### Task
What lines below contain the string "Option"? List them all.

Dataset entries:
========================================================================
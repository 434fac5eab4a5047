-- ===== src/Hardware/Compile.antt =====
-- crates/led-hardware-profile/src/compile.rs: `compile_layout_de` and `compile_layout`. A layout
-- `none` is a panic of `CompiledLayout::compile`.
use led_platform.Prelude.{
  [], if◌then◌else◌, ltb, suc, u16, zero, ◌%◌, ◌*◌, ◌++◌, ◌+◌, ◌/◌, ◌==◌, ◌∷◌, Option, List, Result,
  ok, err, ℕ,
}
use led_platform.Color.{ColorFormat, channels}
use led_platform.Layout.Compile.{DeviceId, PixelPhysical, CompiledLayout, compile}
use led_platform.Layout.Linear.{universe_size}
use led_platform.Hardware.Repartition.{RepartirError, FatiaDePorta, repartir_portas_de}
use led_platform.Hardware.Profile.{HardwareProfile}

pub data CompileError : Type 0 where
  exceeds_max_pixels : ℕ → ℕ → CompileError
  zero_pixels_per_universe : CompileError
  pixels_exceed : ℕ → ℕ → CompileError
  reparticao : RepartirError → CompileError

pub record Enderecamento : Type 0 where
  pub ports : ℕ
  pub pixels_per_universe : ℕ
  pub max_pixels : ℕ
  pub color : ColorFormat

-- The inner loop: the pixels left of the port, and `j`.
unfoldable pub pixels_of : ℕ → ℕ → ℕ → ColorFormat → DeviceId → FatiaDePorta → List PixelPhysical
pixels_of zero j ppu color device_id porta = []
pixels_of (suc n) j ppu color device_id porta =
    record {
      device = device_id;
      universe = u16 (porta.universe_start + u16 (j / ppu));
      channel = u16 (j % ppu * channels color);
      format = color;
    }
    ∷ pixels_of n (suc j) ppu color device_id porta

unfoldable pub assignments_of : ℕ → ColorFormat → DeviceId → List FatiaDePorta → List PixelPhysical
unfolding pixels_of
assignments_of ppu color device_id [] = []
assignments_of ppu color device_id (porta ∷ fatias) =
    pixels_of (porta.pixel_count) 0 ppu color device_id porta
    ++ assignments_of ppu color device_id fatias

-- `map_err(CompileError::Reparticao)?` and what follows.
abbrev pub compile_fatias :
    Enderecamento
    → DeviceId
    → Result RepartirError (List FatiaDePorta)
    → Result CompileError (Option CompiledLayout)
compile_fatias e device_id (err r) = err (reparticao r)
compile_fatias e device_id (ok fatias) =
    ok (compile (assignments_of (e.pixels_per_universe) (e.color) device_id fatias))

unfoldable pub compile_layout_de :
    Enderecamento → ℕ → DeviceId → ℕ → Result CompileError (Option CompiledLayout)
unfolding assignments_of
compile_layout_de e pixel_count device_id first_universe =
    let ppu = e.pixels_per_universe in
    if ppu == 0
    then err zero_pixels_per_universe
    else if ltb universe_size (ppu * channels (e.color))
    then err (pixels_exceed ppu (channels (e.color)))
    else if ltb (e.max_pixels) pixel_count
    then err (exceeds_max_pixels pixel_count (e.max_pixels))
    else compile_fatias e device_id
        (repartir_portas_de (e.ports) ppu (e.max_pixels) pixel_count first_universe)

unfoldable pub compile_layout :
    {F : Type 0}
    → HardwareProfile F
    → ℕ
    → DeviceId
    → ℕ
    → Result CompileError (Option CompiledLayout)
unfolding compile_layout_de
compile_layout profile pixel_count device_id first_universe =
    compile_layout_de
      (record {
        ports = profile.capabilities.ports;
        pixels_per_universe = profile.limits.pixels_per_universe;
        max_pixels = profile.limits.max_pixels;
        color = profile.capabilities.color;
      })
      pixel_count device_id first_universe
========================================================================
### Exercise answer
  [], if◌then◌else◌, ltb, suc, u16, zero, ◌%◌, ◌*◌, ◌++◌, ◌+◌, ◌/◌, ◌==◌, ◌∷◌, Option, List, Result,
    → Result CompileError (Option CompiledLayout)
    Enderecamento → ℕ → DeviceId → ℕ → Result CompileError (Option CompiledLayout)
    → Result CompileError (Option CompiledLayout)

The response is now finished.